##### RECORDS SHOWN
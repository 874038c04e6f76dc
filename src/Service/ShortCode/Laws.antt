-- ===== src/Service/ShortCode/Laws.antt =====
-- The codes and the symbols of generateShortCode in service/url_service.go.
use Prim.Native.Char.{Char, code}
use Prim.Native.String.{count, char_at}
use text.Mathlib.TextLemmas.{length-cons, length-nil}
use go_url_shortener.Base.{
  ℕ, zero, suc, ◌%◌, ◌≤◌, ◌<◌, ◌≡◌, refl, Bool, true, false, ◌&&◌, ◌||◌, List, [], ◌∷◌, ltb, leb,
  if◌then◌else◌, count_if, arith, Bool-cases, inl, inr, ap, ◌∙◌, subst,
}
use go_url_shortener.Base.Text.{String, all_chars}
use go_url_shortener.Outcome.{Result, ok, err, ok_inj}
use go_url_shortener.Service.ShortCode.{
  base62_alphabet, symbol, prepend, fill_code, generate_short_code,
}

-- A decimal digit or an ASCII letter.
unfoldable pub is_alphanumeric : Char → Bool
is_alphanumeric c =
    leb b'0' (code c) && leb (code c) b'9'
    || leb b'a' (code c) && leb (code c) b'z'
    || leb b'A' (code c) && leb (code c) b'Z'

-- Whether the first n numbers pass a test, by trying each of them.
unfoldable pub try_each : (ℕ → Bool) → ℕ → Bool
try_each test zero = true
try_each test (suc n) = let others = try_each test n in if test n then others else false

pub try_each_lem : (test : ℕ → Bool) (x n : ℕ) → try_each test n ≡ true → x < n → test x ≡ true
unfolding try_each
try_each_lem test x zero passed small = absurd (omega arith)
try_each_lem test x (suc n) passed small = ground (arith, try_each_lem test x n)

alphabet_table : try_each (λ i. is_alphanumeric (char_at base62_alphabet i)) 62 ≡ true
unfolding try_each is_alphanumeric
alphabet_table = refl

symbol-alphanumeric : (b : ℕ) → is_alphanumeric (symbol b) ≡ true
unfolding symbol
symbol-alphanumeric b = try_each_lem _ (b % 62) 62 alphabet_table (omega arith)

prepend-eq-ok :
    (c : Char) (r : Result String × List ℕ) {s : String} {rest : List ℕ}
    → prepend c r ≡ (ok s, rest)
    → (t : String) × (r ≡ (ok t, rest)) × (s ≡ String.◌∷◌ c t)
prepend-eq-ok c (ok t, u) h = (t, ground arith, ground arith)
prepend-eq-ok c (err e, u) h = absurd (grind arith)

-- The text has this many characters, and all of them are alphanumeric.
abbrev pub IsCode : ℕ → String → Type 0
IsCode n s = (count s ≡ n) × (all_chars is_alphanumeric s ≡ true)

IsCode-cons : (n b : ℕ) (t : String) → IsCode n t → IsCode (suc n) (String.◌∷◌ (symbol b) t)
unfolding all_chars
IsCode-cons n b t h = (length-cons (symbol b) t ∙ ap suc h.0, rw (symbol-alphanumeric b) h.1)

fill_code_shape :
    (n : ℕ) (bytes rest : List ℕ) (s : String) → fill_code n bytes ≡ (ok s, rest) → IsCode n s
unfolding fill_code
fill_code_shape zero bytes rest s h =
    subst (IsCode 0) (ok_inj (ap (λ p. p.0) h)) (length-nil, unfold all_chars in refl)
fill_code_shape (suc n) [] rest s h = absurd (grind arith)
fill_code_shape (suc n) (b ∷ bytes) rest s h = elim (Bool-cases (leb 248 b)) [
  | inl skip ↦ fill_code_shape (suc n) bytes rest s (rw skip at h)
  | inr take ↦
      let (t, made, split) = prepend-eq-ok (symbol b) (fill_code n bytes) (rw take at h) in
      rw split (IsCode-cons n b t (fill_code_shape n bytes rest t made))
]

-- A generated code has the requested length, and each of its characters is a digit or an ASCII
-- letter, whatever bytes the random source delivers.
pub generate_short_code_shape :
    (n : ℕ) (bytes rest : List ℕ) (s : String)
    → generate_short_code n bytes ≡ (ok s, rest)
    → IsCode n s
unfolding generate_short_code
generate_short_code_shape zero bytes rest s h = absurd (grind arith)
generate_short_code_shape (suc n) bytes rest s h = fill_code_shape (suc n) bytes rest s h

prepend_ok :
    (c : Char) (r : Result String × List ℕ) {t : String} {rest : List ℕ}
    → r ≡ (ok t, rest)
    → prepend c r ≡ (ok (String.◌∷◌ c t), rest)
prepend_ok c r e = rw e

fill_code_total :
    (n : ℕ) (bytes : List ℕ)
    → n ≤ count_if (λ b. ltb b 248) bytes
    → (s : String) × (rest : List ℕ) × (fill_code n bytes ≡ (ok s, rest))
unfolding fill_code
fill_code_total zero bytes h = (String.[], bytes, refl)
fill_code_total (suc n) [] h = absurd (omega arith)
fill_code_total (suc n) (b ∷ bytes) h = elim (Bool-cases (leb 248 b)) [
  | inl skip ↦
      let (s, rest, e) = fill_code_total (suc n) bytes (ground arith) in (s, rest, rw skip e)
  | inr take ↦
      let (s, rest, e) = fill_code_total n bytes (ground arith) in
      (String.◌∷◌ (symbol b) s, rest, rw take (prepend_ok (symbol b) _ e))
]

-- The loop ends with a code as soon as the random source has delivered as many bytes below 248 as
-- the code has places; the bytes it rejects in between do not stop it.
pub generate_short_code_total :
    (n : ℕ) (bytes : List ℕ)
    → suc n ≤ count_if (λ b. ltb b 248) bytes
    → (s : String) × (rest : List ℕ) × (generate_short_code (suc n) bytes ≡ (ok s, rest))
unfolding generate_short_code
generate_short_code_total n bytes h = fill_code_total (suc n) bytes h
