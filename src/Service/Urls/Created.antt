-- ===== src/Service/Urls/Created.antt =====
-- CreateShortURL of service/url_service.go, and the row that a creation adds.
use go_url_shortener.Base.{
  ℕ, zero, suc, ◌≡◌, refl, ◌∙◌, ap, sym, true, false, not, Option, none, some, List, ◌∷◌, exists,
  arith, Bool-cases, inl, inr,
}
use go_url_shortener.Base.Int.{ℤ, is_positive}
use go_url_shortener.Base.Text.{String, trim_space}
use go_url_shortener.Model.{Url}
use go_url_shortener.Outcome.{
  Result, ok, err, ok_inj, Error, Action, wrapped, map_error, map_error-eq-ok, >>=-eq-ok,
  from_result-eq-ok, fail_if-eq-ok, message, is_unique_violation,
}
use go_url_shortener.Db.{Db}
use go_url_shortener.Repository.Urls.{clashes, create, insert_url}
use go_url_shortener.Repository.Urls.Lookup.{create-IsInserted}
use go_url_shortener.Service.ShortCode.{generate_short_code, short_code_length}
use go_url_shortener.Service.ShortCode.Laws.{IsCode, generate_short_code_shape}
use go_url_shortener.Service.Validate.{Net, validate_url}
use go_url_shortener.Service.Urls.{
  Host, put_db, put_entropy, on_entropy, new_url, settle, store_or, attempts, create_short_url,
  max_generation_attempts,
}

-- The row that a successful creation has added to the table.
pub record IsCreated (original : String) (user : ℤ) (row : Url) (h h' : Host) : Type 0 where
  pub table : h'.db.urls ≡ row ∷ h.db.urls
  pub destination : row.original_url ≡ trim_space original
  pub owner : row.user_id ≡ some user
  pub active : row.is_active ≡ true
  pub lasting : row.expires_at ≡ none
  pub unclashed : exists (clashes row) h.db.urls ≡ false

-- A refused row leaves the table as it was.
create_refused :
    (url : Url) (d d' : Db) (e : Error)
    → create url d ≡ (err e, d')
    → is_unique_violation e ≡ true
    → d'.urls ≡ d.urls
unfolding create insert_url is_unique_violation
create_refused url d d' e h u = ground arith

pub create_stored :
    (code : String) (alias : Option String) (original : String) (user : ℤ) (row : Url) (h : Host)
    (d' : Db)
    → create (new_url code alias original user) h.db ≡ (ok row, d')
    → IsCreated original user row h (record h { db = d' })
      × (row.short_code ≡ code)
      × (row.custom_alias ≡ alias)
unfolding clashes
create_stored code alias original user row h d' e =
    let i = create-IsInserted (new_url code alias original user) row h.db d' e in
    let unclashed : exists (clashes row) h.db.urls ≡ false = rw i.stamped i.unclashed in
    ground arith

-- The table of a host is what it was.
abbrev pub SameUrls : Host → Host → Type 0
SameUrls h h' = h'.db.urls ≡ h.db.urls

IsCreated-before :
    (original : String) (user : ℤ) (row : Url) (h u h' : Host)
    → SameUrls h u
    → IsCreated original user row u h'
    → IsCreated original user row h h'
IsCreated-before original user row h u h' same c = ground arith

-- The same under a generated code, without an alias.
abbrev pub IsGenerated : String → ℤ → Url → Host → Host → Type 0
IsGenerated original user row h h' =
    IsCreated original user row h h'
    × IsCode short_code_length row.short_code
    × (row.custom_alias ≡ none)

-- A chosen code, and then a row that is stored or a round that begins again.
settle-IsGenerated :
    (again : Action Host Url) (code original : String) (user : ℤ) (row : Url) (h h' : Host)
    → IsCode short_code_length code
    → ((u : Host) → SameUrls h u → again u ≡ (ok row, h') → IsGenerated original user row u h')
    → (r : Result Url × Db) → create (new_url code none original user) h.db ≡ r
    → settle again (put_db h r) ≡ (ok row, h')
    → IsGenerated original user row h h'
settle-IsGenerated again code original user row h h' shape later (ok url, d') made e =
    let (stored, coded, plain) = create_stored code none original user url h d' made in
    let same_row : url ≡ row = ok_inj (ap (λ p. p.0) e) in
    let same_host : record h { db = d' } ≡ h' = ap (λ p. p.1) e in
    rw (← same_row, ← same_host) (stored, rw coded shape, plain)
settle-IsGenerated again code original user row h h' shape later (err x, d') made e =
    elim (Bool-cases (is_unique_violation x)) [
      | inl taken ↦
          let same = create_refused (new_url code none original user) h.db d' x made taken in
          let g = later (record h { db = d' }) same (rw taken at e) in
          (IsCreated-before original user row h (record h { db = d' }) h' same g.0, g.1, g.2)
      | inr other ↦
          let bad : ◌≡◌ {A = Result Url × Host} (err _, _) (ok row, h') = rw other at e in
          absurd (grind arith)
    ]

pub on_entropy-eq-ok :
    (m : Action (List ℕ) String) (h : Host) (code : String) (u : Host)
    → on_entropy m h ≡ (ok code, u)
    → (rest : List ℕ) × (m h.entropy ≡ (ok code, rest)) × SameUrls h u
on_entropy-eq-ok m h code u e = go (m h.entropy) refl e
  where
    go :
        (r : Result String × List ℕ)
        → m h.entropy ≡ r
        → put_entropy h r ≡ (ok code, u)
        → (rest : List ℕ) × (m h.entropy ≡ (ok code, rest)) × SameUrls h u
    go (r, rest) made e =
        let same_host : record h { entropy = rest } ≡ u = ap (λ p. p.1) e in
        (
          rest,
          made ∙ ap (λ (p : Result String × Host). (p.0, rest)) e,
          ap (λ (v : Host). v.db.urls) (sym same_host),
        )

attempts-IsGenerated :
    (n : ℕ) (original : String) (user : ℤ) (row : Url) (h h' : Host)
    → attempts n original user h ≡ (ok row, h')
    → IsGenerated original user row h h'
unfolding attempts
attempts-IsGenerated zero original user row h h' e = absurd (grind arith)
attempts-IsGenerated (suc n) original user row h h' e =
    let (code, u, drawn, stored) =
      >>=-eq-ok
        (map_error (wrapped "generate short code")
          (on_entropy (generate_short_code short_code_length)))
        (λ code. store_or (attempts n original user) (new_url code none original user)) h e in
    let (rest, made, same) = on_entropy-eq-ok (generate_short_code short_code_length) h code u (
      map_error-eq-ok (wrapped "generate short code")
        (on_entropy (generate_short_code short_code_length)) h code u drawn) in
    let g =
      settle-IsGenerated (attempts n original user) code original user row u h'
        (generate_short_code_shape short_code_length h.entropy rest code made)
        (λ v _ again. attempts-IsGenerated n original user row v h' again)
        (create (new_url code none original user) u.db) refl stored in
    (IsCreated-before original user row h u h' same g.0, g.1, g.2)

-- A short URL that CreateShortURL returns has passed validation under a positive user id. It is the
-- one row added to the table: active, without expiry, owned by the user, leading to the trimmed
-- destination, under a code of six digits and letters that no row had before.
pub create_short_url-IsGenerated :
    (net : Net) (original : String) (user : ℤ) (row : Url) (h h' : Host)
    → create_short_url net original user h ≡ (ok row, h')
    → (validate_url net original ≡ ok tt)
      × (is_positive user ≡ true)
      × IsGenerated original user row h h'
unfolding create_short_url
create_short_url-IsGenerated net original user row h h' e =
    let (valid, e') = from_result-eq-ok (validate_url net original) _ h e in
    let (known, e'') = fail_if-eq-ok (not (is_positive user)) (message "invalid user ID") _ h e' in
    (valid, ground arith, attempts-IsGenerated max_generation_attempts original user row h h' e'')
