-- ===== src/Pdu/Hex.antt =====
-- `hex_char_to_int` and `hex_string_to_bytes` of pdu_decoder.c.
pub mod RoundTrip
use esp32c3_sms_gateway.Prelude.{
  ℕ, zero, suc, ◌+◌, ◌-◌, bit_or, ◌&&◌, ◌||◌, Option, none, some, List, [], ◌∷◌, leb, ◌==◌,
  if◌then◌else◌,
}
use esp32c3_sms_gateway.Prelude.Bits.{◌<<<◌, u8}

-- `none` is the -1 of the source.
unfoldable pub hex_char_to_int : ℕ → Option ℕ
hex_char_to_int c =
    if leb b'0' c && leb c b'9'
    then some (c - b'0')
    else if leb b'a' c && leb c b'f'
    then some (c - b'a' + 10)
    else if leb b'A' c && leb c b'F'
    then some (c - b'A' + 10)
    else none

-- The leading white space that the source skips.
unfoldable pub skip_blanks : List ℕ → List ℕ
skip_blanks [] = []
skip_blanks (c ∷ s) = if c == b' ' || c == 13 || c == 10 then skip_blanks s else c ∷ s

-- `(uint8_t)((h << 4) | l)`
unfoldable pub hex_byte : ℕ → ℕ → ℕ
hex_byte h l = u8 (bit_or (h <<< 4) l)

-- The loop with `left` places of `out_bytes` free; it ends at the first pair that is not two
-- hexadecimal digits and keeps the bytes before it.
unfoldable pub hex_pairs : ℕ → List ℕ → List ℕ
hex_pairs zero s = []
hex_pairs (suc left) [] = []
hex_pairs (suc left) (a ∷ []) = []
hex_pairs (suc left) (a ∷ b ∷ s) = elim (hex_char_to_int a) [
  | none ↦ []
  | some h ↦ elim (hex_char_to_int b) [ none ↦ [] | some l ↦ hex_byte h l ∷ hex_pairs left s ]
]

unfoldable pub hex_string_to_bytes : List ℕ → ℕ → List ℕ
hex_string_to_bytes hex_str max_len = hex_pairs max_len (skip_blanks hex_str)
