-- ===== src/Pdu/Timestamp.antt =====
-- `parse_timestamp` of pdu_decoder.c: seven swapped semi-octet bytes.
pub mod RoundTrip
use esp32c3_sms_gateway.Prelude.{ℕ, ◌+◌, List, [], ◌∷◌}
use esp32c3_sms_gateway.Prelude.Result.{Result, ok, read, ◌>>=◌}
use esp32c3_sms_gateway.Pdu.Address.{low_nibble, high_nibble}

-- `raw[2i]` and `raw[2i + 1]` in front of what follows.
unfoldable pub two_chars : ℕ → List ℕ → List ℕ
two_chars b rest = (b'0' + low_nibble b) ∷ (b'0' + high_nibble b) ∷ rest

-- "20YY-MM-DD HH:MM:SS". The seventh byte, the time zone, is read and not printed.
unfoldable pub format_timestamp : ℕ → ℕ → ℕ → ℕ → ℕ → ℕ → List ℕ
format_timestamp year month day hour minute second =
    b'2'
    ∷ b'0'
    ∷ two_chars year (
        b'-'
        ∷ two_chars month (
            b'-'
            ∷ two_chars day
                (b' ' ∷ two_chars hour (b':' ∷ two_chars minute (b':' ∷ two_chars second [])))))

unfoldable pub parse_timestamp : List ℕ → ℕ → Result (List ℕ × ℕ)
parse_timestamp buf start_idx = do
  year ← read buf start_idx
  month ← read buf (start_idx + 1)
  day ← read buf (start_idx + 2)
  hour ← read buf (start_idx + 3)
  minute ← read buf (start_idx + 4)
  second ← read buf (start_idx + 5)
  zone ← read buf (start_idx + 6)
  ok (format_timestamp year month day hour minute second, start_idx + 7)
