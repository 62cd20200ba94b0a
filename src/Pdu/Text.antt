-- ===== src/Pdu/Text.antt =====
-- The text decoders of pdu_decoder.c. A payload is an index into the PDU buffer, and the result
-- is what is written to `text` in front of the terminator.
pub mod Septets
pub mod Utf8
use esp32c3_sms_gateway.Prelude.{
  ℕ, zero, suc, ◌+◌, ◌-◌, ◌/◌, bit_and, bit_or, List, [], ◌∷◌, ◌++◌, ltb, leb, if◌then◌else◌,
}
use esp32c3_sms_gateway.Prelude.Bits.{◌<<<◌, ◌>>>◌, u8}
use esp32c3_sms_gateway.Prelude.Result.{Result, ok, read, ◌>>=◌}

-- The UTF-8 bytes of one 16-bit unit.
unfoldable pub utf8_unit : ℕ → List ℕ
utf8_unit wc =
    if ltb wc 0x80
    then u8 wc ∷ []
    else if ltb wc 0x800
    then u8 (bit_or 0xc0 (wc >>> 6)) ∷ u8 (bit_or 0x80 (bit_and wc 0x3f)) ∷ []
    else u8 (bit_or 0xe0 (wc >>> 12))
      ∷ u8 (bit_or 0x80 (bit_and (wc >>> 6) 0x3f))
      ∷ u8 (bit_or 0x80 (bit_and wc 0x3f))
      ∷ []

-- The loop over `left` units from index `i` on.
unfoldable pub ucs2_loop : List ℕ → ℕ → ℕ → Result (List ℕ)
ucs2_loop buf zero i = ok []
ucs2_loop buf (suc left) i = do
  hi ← read buf i
  lo ← read buf (i + 1)
  rest ← ucs2_loop buf left (i + 2)
  ok (utf8_unit (bit_or (hi <<< 8) lo) ++ rest)

-- An odd `byte_len` still makes a round for its last byte.
unfoldable pub ucs2_to_utf8 : List ℕ → ℕ → ℕ → Result (List ℕ)
ucs2_to_utf8 buf start byte_len = ucs2_loop buf ((byte_len + 1) / 2) start

-- One septet, from a byte and its successor.
unfoldable pub join_septet : ℕ → ℕ → ℕ → ℕ
join_septet bit_offset here next =
    bit_or (bit_and (here >>> bit_offset) 0x7f) (bit_and (next <<< (8 - bit_offset)) 0x7f)

unfoldable pub gsm7_septet : List ℕ → ℕ → ℕ → Result ℕ
gsm7_septet buf byte_offset bit_offset = do
  here ← read buf byte_offset
  if ltb 1 bit_offset
      then (do next ← read buf (byte_offset + 1); ok (join_septet bit_offset here next))
      else ok (bit_and (here >>> bit_offset) 0x7f)

-- The loop over `left` septets; the offsets step as in the source.
unfoldable pub gsm7_loop : List ℕ → ℕ → ℕ → ℕ → Result (List ℕ)
gsm7_loop buf zero byte_offset bit_offset = ok []
gsm7_loop buf (suc left) byte_offset bit_offset = do
  c ← gsm7_septet buf byte_offset bit_offset
  let bits = bit_offset + 7
  let carry = leb 8 bits
  rest ←
      gsm7_loop buf left (if carry then byte_offset + 1 else byte_offset)
        (if carry then bits - 8 else bits)
  ok (c ∷ rest)

unfoldable pub gsm7bit_decode : List ℕ → ℕ → ℕ → Result (List ℕ)
gsm7bit_decode buf start septet_count = gsm7_loop buf septet_count start 0
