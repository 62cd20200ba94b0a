-- ===== src/Pdu/Decode.antt =====
-- `pdu_decode` of pdu_decoder.c, step by step. The local `buf[256]` is the list of its 256 bytes:
-- those converted from the text, and behind them whatever the stack held (`stale`).
pub mod Deliver
pub mod Conversion
pub mod SevenBit
pub mod Fragment
pub mod FieldBounds
pub mod Bounds
pub mod Overread
use esp32c3_sms_gateway.Prelude.{
  ℕ, zero, suc, ◌+◌, ◌-◌, ◌*◌, ◌/◌, bit_and, bit_or, Bool, true, false, not, ◌&&◌, ◌||◌, Option,
  none, some, List, [], ◌∷◌, ◌++◌, ltb, leb, ◌==◌, if◌then◌else◌, length, drop,
}
use esp32c3_sms_gateway.Prelude.Bits.{◌<<<◌}
use esp32c3_sms_gateway.Prelude.Result.{
  Result, ok, err, stuck, fail, invalid_arg, fail_if, read, ◌>>=◌, ◌>>◌,
}
use esp32c3_sms_gateway.Pdu.Hex.{hex_string_to_bytes}
use esp32c3_sms_gateway.Pdu.Address.{parse_phone_number}
use esp32c3_sms_gateway.Pdu.Timestamp.{parse_timestamp}
use esp32c3_sms_gateway.Pdu.Text.{ucs2_to_utf8, gsm7bit_decode}

-- `is_concat`, `ref_number`, `total_parts` and `part_number`.
pub record ConcatInfo : Type 0 where
  pub is_concat : Bool
  pub ref_number : ℕ
  pub total_parts : ℕ
  pub part_number : ℕ

-- `decoded_sms_t`
pub record DecodedSms : Type 0 where
  pub sender : List ℕ
  pub timestamp : List ℕ
  pub text : List ℕ
  pub concat : ConcatInfo

-- What `memset` leaves.
abbrev pub no_concat : ConcatInfo
no_concat = record { is_concat = false; ref_number = 0; total_parts = 0; part_number = 0 }

pub data Encoding : Type 0 where
  ucs2 eight_bit seven_bit : Encoding

unfoldable pub encoding_type : ℕ → Encoding
encoding_type dcs =
    if bit_and dcs 0x0c == 0x08 || dcs == 0x08
    then ucs2
    else if bit_and dcs 0x0c == 0x04
    then eight_bit
    else seven_bit

-- An element `00 03 ref total part`, with its payload index `i`.
unfoldable pub short_reference : List ℕ → ℕ → ℕ → Result ConcatInfo
short_reference buf base i = do
  ref ← read buf (base + (i + 2))
  total ← read buf (base + (i + 3))
  part ← read buf (base + (i + 4))
  ok (record { is_concat = true; ref_number = ref; total_parts = total; part_number = part })

-- An element `08 04 ref ref total part`.
unfoldable pub long_reference : List ℕ → ℕ → ℕ → Result ConcatInfo
long_reference buf base i = do
  hi ← read buf (base + (i + 2))
  lo ← read buf (base + (i + 3))
  total ← read buf (base + (i + 4))
  part ← read buf (base + (i + 5))
  ok (record {
    is_concat = true;
    ref_number = bit_or (hi <<< 8) lo;
    total_parts = total;
    part_number = part;
  })

-- The loop over the elements of the user data header, from payload index `i` on.
unfoldable pub udh_loop : List ℕ → ℕ → ℕ → ℕ → ℕ → ℕ → Result ConcatInfo
udh_loop buf base payload_len udh_len zero i = stuck
udh_loop buf base payload_len udh_len (suc fuel) i = elim (leb i udh_len && ltb i payload_len) [
  | false ↦ ok no_concat
  | true ↦ read buf (base + i) >>= λ iei. read buf (base + (i + 1)) >>= λ iel.
      elim (iei == 0x00 && iel == 3) [
        | true ↦ short_reference buf base i
        | false ↦ elim (iei == 0x08 && iel == 4) [
          | true ↦ long_reference buf base i
          | false ↦ udh_loop buf base payload_len udh_len fuel (i + (2 + iel))
        ]
      ]
]

-- The concatenation fields and `content_start`. Every round moves `i` on by 2 at least.
unfoldable pub parse_udh : List ℕ → ℕ → ℕ → Bool → Result (ConcatInfo × ℕ)
parse_udh buf base payload_len false = ok (no_concat, 0)
parse_udh buf base payload_len true = do
  udh_len ← read buf base
  info ← udh_loop buf base payload_len udh_len (payload_len + 1) 1
  ok (info, udh_len + 1)

-- `memcpy`
unfoldable pub copy_bytes : List ℕ → ℕ → ℕ → Result (List ℕ)
copy_bytes buf zero i = ok []
copy_bytes buf (suc left) i = do b ← read buf i; rest ← copy_bytes buf left (i + 1); ok (b ∷ rest)

abbrev pub text_size : ℕ
text_size = 480

-- `int len = payload_byte_len - content_start`, then `len >= sizeof(out_sms->text)`: the
-- comparison is unsigned, so a negative `len` is cut to 479 too.
unfoldable pub eight_bit_len : ℕ → ℕ → ℕ
eight_bit_len payload_len content_start =
    if ltb payload_len content_start || leb text_size (payload_len - content_start)
    then text_size - 1
    else payload_len - content_start

-- A negative septet count makes no round, as the 0 of the truncated difference.
unfoldable pub septets_left : ℕ → Bool → ℕ → ℕ
septets_left user_data_len has_udh udh_bytes =
    if has_udh then user_data_len - (udh_bytes * 8 + 6) / 7 else user_data_len

unfoldable pub decode_text : List ℕ → ℕ → ℕ → ℕ → Encoding → Bool → ℕ → Result (List ℕ)
decode_text buf base payload_len content_start ucs2 has_udh user_data_len =
    if ltb content_start payload_len
    then ucs2_to_utf8 buf (base + content_start) (payload_len - content_start)
    else ok []
decode_text buf base payload_len content_start seven_bit has_udh user_data_len =
    gsm7bit_decode buf (base + content_start) (septets_left user_data_len has_udh content_start)
decode_text buf base payload_len content_start eight_bit has_udh user_data_len =
    copy_bytes buf (eight_bit_len payload_len content_start) (base + content_start)

-- Steps 8 and 9: the user data, behind its length byte.
unfoldable pub decode_user_data :
    List ℕ → ℕ → ℕ → Bool → Encoding → List ℕ → List ℕ → Result DecodedSms
decode_user_data buf buf_len idx has_udh encoding sender timestamp = do
  user_data_len ← read buf idx
  let base = idx + 1
  let payload_len = buf_len - base
  if leb buf_len base
      then ok (record { sender = sender; timestamp = timestamp; text = []; concat = no_concat })
      else (do
        (info, content_start) ← parse_udh buf base payload_len has_udh
        text ← decode_text buf base payload_len content_start encoding has_udh user_data_len
        ok (record { sender = sender; timestamp = timestamp; text = text; concat = info }))

-- Steps 2 to 7, on the buffer.
unfoldable pub decode_buffer : List ℕ → ℕ → Result DecodedSms
decode_buffer buf buf_len = do
  smsc_len ← read buf 0
  let type_at = 1 + smsc_len
  fail_if (leb buf_len type_at) fail
  pdu_type ← read buf type_at
  let has_udh = not (bit_and pdu_type 0x40 == 0)
  (sender, pid_at) ← parse_phone_number buf (type_at + 1)
  fail_if (leb buf_len pid_at) fail
  pid ← read buf pid_at
  dcs ← read buf (pid_at + 1)
  (timestamp, udl_at) ← parse_timestamp buf (pid_at + 2)
  fail_if (leb buf_len udl_at) fail
  decode_user_data buf buf_len udl_at has_udh (encoding_type dcs) sender timestamp

-- `buf` after the conversion.
abbrev pub fill_buffer : List ℕ → List ℕ → List ℕ
fill_buffer stale bytes = bytes ++ drop (length bytes) stale

-- `none` is a null `pdu_hex`. A failed call's partly filled `out_sms` is not kept: no caller
-- reads it.
unfoldable pub pdu_decode : List ℕ → Option (List ℕ) → Result DecodedSms
pdu_decode stale none = err invalid_arg
pdu_decode stale (some pdu_hex) =
    let bytes = hex_string_to_bytes pdu_hex 256 in
    if length bytes == 0 then err fail else decode_buffer (fill_buffer stale bytes) (length bytes)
##########
• [WORK ITEM]: Only lines that contain "added" are needed, so copy each of them from the data.

• [ANSWER TO THE EXERCISE]:
-- The row that a successful creation has added to the table.
-- one row added to the table: active, without expiry, owned by the user, leading to the trimmed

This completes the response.